▶ What is required
Where does "next" appear in the data? Return each line that holds it.

[Extracted material]

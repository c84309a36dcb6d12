-- ===== src/Storage/Proxies/Examples.antt =====
-- internal/storage/proxies.go with SQLite's texts, on a table of one tcp rule.
use frp_easy.Prelude.{
  All, inl, ◌≡◌, refl, pos, true, false, none, some, [], ◌∷◌, Text, codes, arith, ok, err,
}
use frp_easy.Storage.Proxies.Schema.{
  Row, has_name, has_remote, find_row, replace_row, others, violated, Table, Constraint,
  check_failed, unique_name, unique_remote_port, insert_row, update_row, check_row,
}
use frp_easy.Storage.Proxies.Errors.{
  Driver, contains, is_duplicate_name_error, is_duplicate_remote_port_error,
}
use frp_easy.Storage.Proxies.Shaped.{IsShaped}
use frp_easy.Storage.Proxies.{
  Proxy, validate_proxy_shape, to_row, update_proxy, update_found, after_update, classify,
  fill_updated_at, insert_proxy, after_insert, StoreError, healthy, upsert_proxy, get_proxy,
  duplicate_remote_port,
}
use frp_easy.Storage.Proxies.PlainCodec.{plain_domains}
use frp_easy.Storage.Proxies.Rows.{IsTable, any_clash}
use frp_easy.Storage.Proxies.Upsert.{upsert_proxy-IsTable, upsert_proxy_error}
use frp_easy.Storage.Proxies.Versions.{stored, no_lost_update, get_proxy-upsert_proxy}

abbrev pub sqlite_message : Constraint → Text
sqlite_message check_failed = codes "CHECK constraint failed: name <> ''"
sqlite_message unique_name = codes "UNIQUE constraint failed: proxies.name"
sqlite_message unique_remote_port =
    codes "UNIQUE constraint failed: proxies.type, proxies.remote_port"

unfoldable pub sqlite_driver : Driver
unfolding is_duplicate_name_error is_duplicate_remote_port_error contains
sqlite_driver = record {
  name_first = true;
  message = sqlite_message;
  io_message = codes "disk I/O error";
  name_text = refl;
  remote_text = refl;
  remote_text_no_name = refl;
  check_text = refl;
  io_text = refl;
}

abbrev pub ssh : Proxy
ssh = record {
  id = 1;
  name = "ssh";
  kind = "tcp";
  local_ip = "";
  local_port = pos 22;
  remote_port = some (pos 6000);
  custom_domains = [];
  enabled = true;
  version = 3;
  updated_at = 0;
}

abbrev pub ssh_row : Row
ssh_row = record {
  id = 1;
  name = "ssh";
  kind = "tcp";
  local_ip = "127.0.0.1";
  local_port = pos 22;
  remote_port = some (pos 6000);
  custom_domains = none;
  enabled = true;
  version = 3;
  updated_at = 5;
}

abbrev pub one_rule : Table
one_rule = record { rows = ssh_row ∷ []; last_id = 1 }

one_rule-IsTable : IsTable one_rule
unfolding check_row any_clash
one_rule-IsTable = record { checked = (refl, tt); separate = (refl, tt); used = (omega arith, tt) }

ssh_row-IsShaped : IsShaped plain_domains ssh_row
ssh_row-IsShaped = record { named = refl; port = refl; domains = inl refl }

upsert_proxy-IsTable_example :
    IsTable (upsert_proxy sqlite_driver plain_domains healthy 9 ssh one_rule).0
    × All
        (IsShaped plain_domains)
        (upsert_proxy sqlite_driver plain_domains healthy 9 ssh one_rule).0.rows
upsert_proxy-IsTable_example =
    upsert_proxy-IsTable sqlite_driver plain_domains healthy 9 ssh one_rule one_rule-IsTable
      (ssh_row-IsShaped, tt)

-- the same rule disabled, and a second rule on the same port
abbrev pub ssh_off : Proxy
ssh_off = record ssh { enabled = false }

abbrev pub ssh_written : Table
ssh_written = record {
  rows = record ssh_row { enabled = false; version = 4; updated_at = 9 } ∷ [];
  last_id = 1;
}

abbrev pub ssh_answer : Proxy
ssh_answer = record ssh_off { version = 4; updated_at = 9 }

abbrev pub ssh_other : Proxy
ssh_other = record ssh { id = 0; name = "ssh2" }

update_run :
    upsert_proxy sqlite_driver plain_domains healthy 9 ssh_off one_rule
    ≡ (ssh_written, ok ssh_answer)
unfolding upsert_proxy validate_proxy_shape update_proxy update_found find_row after_update
    update_row violated check_row to_row has_name others has_remote replace_row fill_updated_at
update_run = refl

clash_run :
    upsert_proxy sqlite_driver plain_domains healthy 9 ssh_other one_rule
    ≡ (one_rule, err duplicate_remote_port)
unfolding upsert_proxy validate_proxy_shape insert_proxy after_insert insert_row violated check_row
    to_row has_name has_remote classify is_duplicate_name_error sqlite_driver
clash_run = refl

upsert_proxy_error_example : one_rule ≡ one_rule
upsert_proxy_error_example =
    upsert_proxy_error sqlite_driver plain_domains healthy 9 ssh_other one_rule refl clash_run

no_lost_update_example :
    (e : StoreError) × (upsert_proxy sqlite_driver plain_domains healthy 10 ssh ssh_written
      ≡ (ssh_written, err e))
no_lost_update_example =
    no_lost_update sqlite_driver plain_domains 9 ssh_off one_rule healthy healthy 10 ssh ssh_answer
      ssh_written refl refl refl update_run

get_proxy-upsert_proxy_example :
    get_proxy sqlite_driver plain_domains healthy 1 ssh_written
    ≡ ok (stored sqlite_driver plain_domains 9 ssh_off 1 4)
get_proxy-upsert_proxy_example =
    get_proxy-upsert_proxy sqlite_driver plain_domains 9 ssh_off one_rule ssh_answer ssh_written
      one_rule-IsTable update_run
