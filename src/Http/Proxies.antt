-- ===== src/Http/Proxies.antt =====
-- internal/httpapi/handlers_proxies.go over the DAO of Storage/Proxies. A handler takes the decoded
-- request, `none` where it does not parse, and gives the table and the reply; texts of messages and
-- the rendering of the configuration after the reply are left out.
pub mod Accepted
pub mod Replies
use frp_easy.Prelude.{
  ℕ, ◌+◌, ℤ, pos, negsuc, Bool, true, false, not, ◌&&◌, ◌||◌, ◌==◌, Option, none, some, List, [],
  ◌∷◌, String, str_eq, Text, codes, Result, ok, err, bind, if◌then◌else◌, leb, leb_ℤ, length,
}
use frp_easy.Http.Validate.{
  InputError, required, not_accepted, validate_proxy_name, validate_proxy_type, validate_port,
  validate_domain,
}
use frp_easy.Storage.Proxies.Schema.{Table, is_port_kind, is_domain_kind}
use frp_easy.Storage.Proxies.Errors.{Driver, contains}
use frp_easy.Storage.Proxies.{
  Proxy, StoreError, ShapeError, DomainsCodec, Io, invalid, not_found, version_conflict,
  duplicate_name, duplicate_remote_port, sql_error, decode_error, upsert_proxy, delete_proxy,
  list_proxies, requires_remote_port, must_not_set_custom_domains, must_not_set_remote_port,
  requires_custom_domains, invalid_type,
}

pub record ProxyInput : Type 0 where
  pub name : String
  pub kind : String
  pub local_ip : String
  pub local_port : ℤ
  pub remote_port : Option ℤ
  pub custom_domains : List String
  pub enabled : Option Bool
  pub version : ℤ

pub data Code : Type 0 where
  validation_failed conflict code_not_found internal : Code

-- the status, and the body or the error's code and field
pub data Reply : Type 0 where
  body : ℕ → Proxy → Reply
  bodies : List Proxy → Reply
  done : Reply
  failed : ℕ → Code → String → Reply

unfoldable pub validate_domains : List String → Option (String × InputError)
validate_domains [] = none
validate_domains (d ∷ ds) = elim (validate_domain d) [
  | some e ↦ some ("customDomains", e)
  | none ↦ validate_domains ds
]

abbrev pub on_field :
    String → Option InputError → Option (String × InputError) → Option (String × InputError)
on_field f (some e) next = some (f, e)
on_field f none next = next

abbrev pub port_rules : ProxyInput → Option ℤ → List String → Option (String × InputError)
port_rules x none _ = some ("remotePort", required)
port_rules x (some r) [] = on_field "remotePort" (validate_port r) none
port_rules x (some r) (_ ∷ _) =
    on_field "remotePort" (validate_port r) (some ("customDomains", not_accepted))

abbrev pub domain_rules : ProxyInput → Option ℤ → List String → Option (String × InputError)
domain_rules x (some _) _ = some ("remotePort", not_accepted)
domain_rules x none [] = some ("customDomains", required)
domain_rules x none (d ∷ ds) = validate_domains (d ∷ ds)

-- the switch on the type
unfoldable pub kind_rules : ProxyInput → Option (String × InputError)
kind_rules x =
    if is_port_kind x.kind
    then port_rules x x.remote_port x.custom_domains
    else if is_domain_kind x.kind
    then domain_rules x x.remote_port x.custom_domains
    else none

-- validateProxyInput: the field and the error
unfoldable pub validate_proxy_input : ProxyInput → Option (String × InputError)
validate_proxy_input x = on_field "name" (validate_proxy_name x.name) (
    on_field "type" (validate_proxy_type x.kind)
      (on_field "localPort" (validate_port x.local_port) (kind_rules x)))

abbrev pub enabled_of : Option Bool → Bool
enabled_of none = true
enabled_of (some b) = b

abbrev pub at_least_zero : ℤ → ℕ
at_least_zero (pos n) = n
at_least_zero (negsuc _) = 0

abbrev pub reply_error : ℕ → Code → String × InputError → Reply
reply_error status code (field, e) = failed status code field

-- the words that mapProxyWriteError looks for in the lower-case text of an error of the DAO
unfoldable pub is_rule_error : (Text → Text) → StoreError → Bool
is_rule_error low (invalid requires_remote_port) = true
is_rule_error low (invalid must_not_set_custom_domains) = true
is_rule_error low (invalid must_not_set_remote_port) = true
is_rule_error low (invalid requires_custom_domains) = true
is_rule_error low (invalid invalid_type) = true
is_rule_error low (invalid _) = false
is_rule_error low (sql_error m) =
    contains (codes "requires") (low m)
    || (contains (codes "must not") (low m) || contains (codes "invalid") (low m))
is_rule_error low _ = false

-- (*handlers).mapProxyWriteError
unfoldable pub map_proxy_write_error : (Text → Text) → StoreError → Reply
map_proxy_write_error low not_found = failed 404 code_not_found ""
map_proxy_write_error low version_conflict = failed 409 conflict "version"
map_proxy_write_error low duplicate_name = failed 409 conflict "name"
map_proxy_write_error low duplicate_remote_port = failed 422 conflict "remotePort"
map_proxy_write_error low e =
    if is_rule_error low e then failed 422 validation_failed "" else failed 500 internal ""

-- `trim` is strings.TrimSpace and `low` strings.ToLower
module _ (d : Driver) (json : DomainsCodec) (trim : String → String) (low : Text → Text) where
  -- the proxy of buildProxyForInsert
  unfoldable pub new_proxy : ProxyInput → Proxy
  new_proxy x = record {
    id = 0;
    name = x.name;
    kind = x.kind;
    local_ip = if str_eq (trim x.local_ip) "" then "127.0.0.1" else trim x.local_ip;
    local_port = x.local_port;
    remote_port = x.remote_port;
    custom_domains = x.custom_domains;
    enabled = enabled_of x.enabled;
    version = 0;
    updated_at = 0;
  }

  unfoldable pub build_proxy_for_insert : ProxyInput → Result (String × InputError) Proxy
  build_proxy_for_insert x = elim (validate_proxy_input x) [
    | some e ↦ err e
    | none ↦ ok (new_proxy x)
  ]

  unfoldable pub build_proxy_for_update : ProxyInput → ℕ → Result (String × InputError) Proxy
  build_proxy_for_update x i =
      bind (build_proxy_for_insert x)
        (λ p. ok (record p { id = i; version = at_least_zero x.version }))

  abbrev pub write_reply : ℕ → Table × Result StoreError Proxy → Table × Reply
  write_reply status (t, ok p) = (t, body status p)
  write_reply status (t, err e) = (t, map_proxy_write_error low e)

  -- (*handlers).listProxies
  unfoldable pub handle_list : Io → Table → Reply
  handle_list io t = elim (list_proxies d json io t) [
    | err e ↦ failed 500 internal ""
    | ok ps ↦ bodies ps
  ]

  -- createProxy after the validation; `listing` is the answer of ListProxies
  unfoldable pub create_checked :
      Io → ℕ → Proxy → Table → Result StoreError (List Proxy) → Table × Reply
  create_checked io now p t (err e) = (t, failed 500 internal "")
  create_checked io now p t (ok existing) =
      if leb 200 (length existing)
      then (t, failed 422 validation_failed "")
      else write_reply 201 (upsert_proxy d json io now p t)

  abbrev pub create_built : Io → ℕ → Table → Result (String × InputError) Proxy → Table × Reply
  create_built io now t (err e) = (t, reply_error 422 validation_failed e)
  create_built io now t (ok p) = create_checked io now p t (list_proxies d json io t)

  -- (*handlers).createProxy
  unfoldable pub create_proxy : Io → ℕ → Option ProxyInput → Table → Table × Reply
  create_proxy io now none t = (t, failed 400 validation_failed "")
  create_proxy io now (some x) t = create_built io now t (build_proxy_for_insert x)

  abbrev pub update_built : Io → ℕ → Table → Result (String × InputError) Proxy → Table × Reply
  update_built io now t (err e) = (t, reply_error 422 validation_failed e)
  update_built io now t (ok p) = write_reply 200 (upsert_proxy d json io now p t)

  abbrev pub update_decoded : Io → ℕ → ℕ → Table → Option ProxyInput → Table × Reply
  update_decoded io now i t none = (t, failed 400 validation_failed "")
  update_decoded io now i t (some x) =
      if leb_ℤ x.version (pos 0)
      then (t, failed 422 validation_failed "version")
      else update_built io now t (build_proxy_for_update x i)

  abbrev pub update_at : Io → ℕ → ℤ → Option ProxyInput → Table → Table × Reply
  update_at io now i x t =
      if leb_ℤ i (pos 0)
      then (t, failed 400 validation_failed "id")
      else update_decoded io now (at_least_zero i) t x

  -- (*handlers).updateProxy; the id is what strconv.ParseInt makes of the path
  unfoldable pub handle_update : Io → ℕ → Option ℤ → Option ProxyInput → Table → Table × Reply
  handle_update io now none x t = (t, failed 400 validation_failed "id")
  handle_update io now (some i) x t = update_at io now i x t

  abbrev pub delete_reply : Table × Option StoreError → Table × Reply
  delete_reply (t, none) = (t, done)
  delete_reply (t, some not_found) = (t, failed 404 code_not_found "")
  delete_reply (t, some _) = (t, failed 500 internal "")

  abbrev pub delete_at : Io → ℤ → Table → Table × Reply
  delete_at io i t =
      if leb_ℤ i (pos 0)
      then (t, failed 400 validation_failed "id")
      else delete_reply (delete_proxy d json io (at_least_zero i) t)

  -- (*handlers).deleteProxy
  unfoldable pub handle_delete : Io → Option ℤ → Table → Table × Reply
  handle_delete io none t = (t, failed 400 validation_failed "id")
  handle_delete io (some i) t = delete_at io i t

[/Extracted material]

▶ Exercise output
on_field f (some e) next = some (f, e)
on_field f none next = next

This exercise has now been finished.